Es bleibt dabei: Ab Juli zahlen Rostocker und Bewohner aus 28 Nachbargemeinden zehn Prozent weniger für ihr Wasser. „Die Gebührensenkung wird kommen – das, was wir zugesagt haben, steht und es wird auch weiterhin stehen“, sagt Jochen Bruhn, Geschäftsführer der Rostocker Versorgungs- und Verkehrs-Holding (RVV) und einer der Macher hinter dem neuen kommunalen Unternehmen Nordwasser. Das übernimmt in 99 Tagen anstelle des privaten Unternehmens Eurawasser die Versorgung der 36 000 Kunden im Gebiet des Warnow-Wasser- und Abwasserverbandes (WWAV).
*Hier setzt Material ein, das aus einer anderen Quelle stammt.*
-- ===== src/Delta/Chunk/RoundTrip.antt =====
-- `decode_chunk` reads what `encode_chunk` wrote.
use mathlib.Core.List.{append-nil}
use halospawns_infra.Prelude.{
  ℕ, suc, ◌≤◌, ◌≡◌, refl, ap, Bool, true, none, List, [], ◌∷◌, arith, length, ◌<◌, ◌&&◌, leb, ◌-◌,
}
use halospawns_infra.Prelude.Results.{Result, ok, err}
use halospawns_infra.Delta.Error.{Error}
use halospawns_infra.Delta.Codes.{chunk_magic, chunk_version, max_json_depth, keyframe_interval}
use halospawns_infra.Delta.Floats.{Floats, Lawful}
use halospawns_infra.Delta.Value.{Value, depth, IsJson}
use halospawns_infra.Delta.Values.{Reads-byte, read_back}
use halospawns_infra.Delta.Wire.{Reads-varuint, Reads-slice}
use halospawns_infra.Delta.Writer
use halospawns_infra.Delta.Writer.{Table, Write, text_eq, lookup}
use halospawns_infra.Delta.Write.{write_value}
use halospawns_infra.Delta.Reader.{◌>>=◌, pure}
use halospawns_infra.Delta.Sync.{Sync, Reads, Ends, Ends-bind}
use halospawns_infra.Delta.Chunk.{
  levels, write_ticks, write_chunk, bytes_of, read_ticks, end_of_bytes, read_body, read_chunk,
  decode_chunk,
}

Sync-start : Sync [] []
unfolding lookup
Sync-start = record { found = λ s i e. cc; size = refl }

-- What is known of the ticks of a chunk, its number included.
abbrev Framed : ℕ → (List Value → Type 0) → ℕ × List Value → Type 0
Framed first_tick P (first, ticks) = (first ≡ first_tick) × P ticks

module _ (F : Floats) (L : Lawful F) (is_utf8 : List ℕ → Bool) (P : List Value → Type 0)
    (first_tick : ℕ) (tick : Value) (ticks : List Value) (json : IsJson is_utf8 tick)
    (deep : depth tick ≤ max_json_depth) (few : length ticks < keyframe_interval)
    (h : Reads
      (write_ticks F tick none ticks)
      (read_ticks F is_utf8 (length ticks) tick none)
      (λ ts. P (tick ∷ ts))) where
  -- The end of the chunk.
  Ends-ticks :
      Ends {A = ℕ × List Value}
        (write_ticks F tick none ticks)
        (read_ticks F is_utf8 (length ticks) tick none >>= λ ts.
          end_of_bytes F is_utf8 >>= λ _. pure (first_tick, tick ∷ ts))
        (Framed first_tick P)
  unfolding end_of_bytes
  Ends-ticks = record {
    ending = λ t t' out e ss sync.
        let run = h.reading t t' out e [] ss sync in
        record {
          value = (first_tick, tick ∷ run.value);
          texts = run.texts;
          sync = run.sync;
          fits = (refl, run.fits);
          runs = rw run.runs refl;
        };
  }

  Ends-body :
      Ends {A = ℕ × List Value}
        (Writer.◌>>◌ (Writer.varuint first_tick) (
          Writer.◌>>◌
            (Writer.varuint (suc (length ticks)))
            (Writer.◌>>◌ (write_value F tick) (write_ticks F tick none ticks))))
        (read_body F is_utf8)
        (Framed first_tick P)
  unfolding read_body
  Ends-body =
      let counted : (leb 1 (suc (length ticks)) && leb (suc (length ticks)) keyframe_interval)
          ≡ true =
        ground arith in
      let rest : suc (length ticks) - 1 ≡ length ticks = omega arith in
      Ends-bind _ _ _ _ (Reads-varuint first_tick) λ f ef.
        Ends-bind _ _ _ _ (Reads-varuint (suc (length ticks))) λ c ec.
          rw (ef, ec, counted)
            (Ends-bind _ _ _ _ (read_back F L is_utf8 levels tick json deep)
              λ v ev. rw (ev, rest) Ends-ticks)

  Ends-chunk :
      Ends {A = ℕ × List Value}
        (write_chunk F first_tick tick ticks)
        (read_chunk F is_utf8)
        (Framed first_tick P)
  unfolding write_chunk read_chunk text_eq
  Ends-chunk =
      Ends-bind _ _ _ _ (Reads-slice chunk_magic 4 refl)
        λ m em. rw em (Ends-bind _ _ _ _ (Reads-byte chunk_version) λ v ev. rw ev Ends-body)

  pub decode-written :
      (out : List ℕ) (t : Table)
      → write_chunk F first_tick tick ticks [] ≡ ok (out, t)
      → (ts : List Value) × (P ts × (decode_chunk F is_utf8 out ≡ ok (first_tick, ts)))
  unfolding decode_chunk
  decode-written out t e =
      let run = Ends-chunk.ending [] t out e [] Sync-start in
      let runs = rw (append-nil out) at run.runs in
      let framed : run.value ≡ (first_tick, run.value.1) =
        ap (λ (n : ℕ). (n, run.value.1)) run.fits.0 in
      (run.value.1, (run.fits.1, rw runs (ap ok framed)))

pub bytes_of-written :
    (o : Result Error (List ℕ × Table)) (out : List ℕ)
    → bytes_of o ≡ ok out
    → (t : Table) × (o ≡ ok (out, t))
bytes_of-written (err e) out h = cc
bytes_of-written (ok (a, t)) out h = (t, ground arith)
„Wir verschicken bis Anfang April an jeden Kunden ein Begrüßungsschreiben“, sagt die kaufmännische Nordwasser-Geschäftsführerin Michaela Link. Diese sollen in der Folge ihre Bankverbindung umstellen, ihre Stammdaten überprüfen und gegebenenfalls aktualisieren. Abgerechnet wird am Stichtag 31. Dezember, erklärt Link. Um die planmäßige Übernahme vorzubereiten, sind sie und ihr 14-köpfiges Team derzeit dabei, Fuhrpark, Chemikalien, Arbeitskleidung, Werkzeug und Büromöbel sowie -material zu beschaffen. Außerdem schließen sie Verträge mit Serviceleistern für Klärschlamm-Entsorgung, Laboruntersuchungen oder auch IT-Lösungen. „Nordwasser ist dabei, über 100 Beschaffungsvorgänge abzuarbeiten“, sagt der technische Geschäftsführer Wolf-Thomas Hendrich. Europaweit ausgeschrieben seien 23 Aufträge. Wie viele Mitarbeiter von Eura- zu Nordwasser wechseln werden, steht derweil noch nicht fest. Bedenken haben die Verantwortlichen dennoch keine.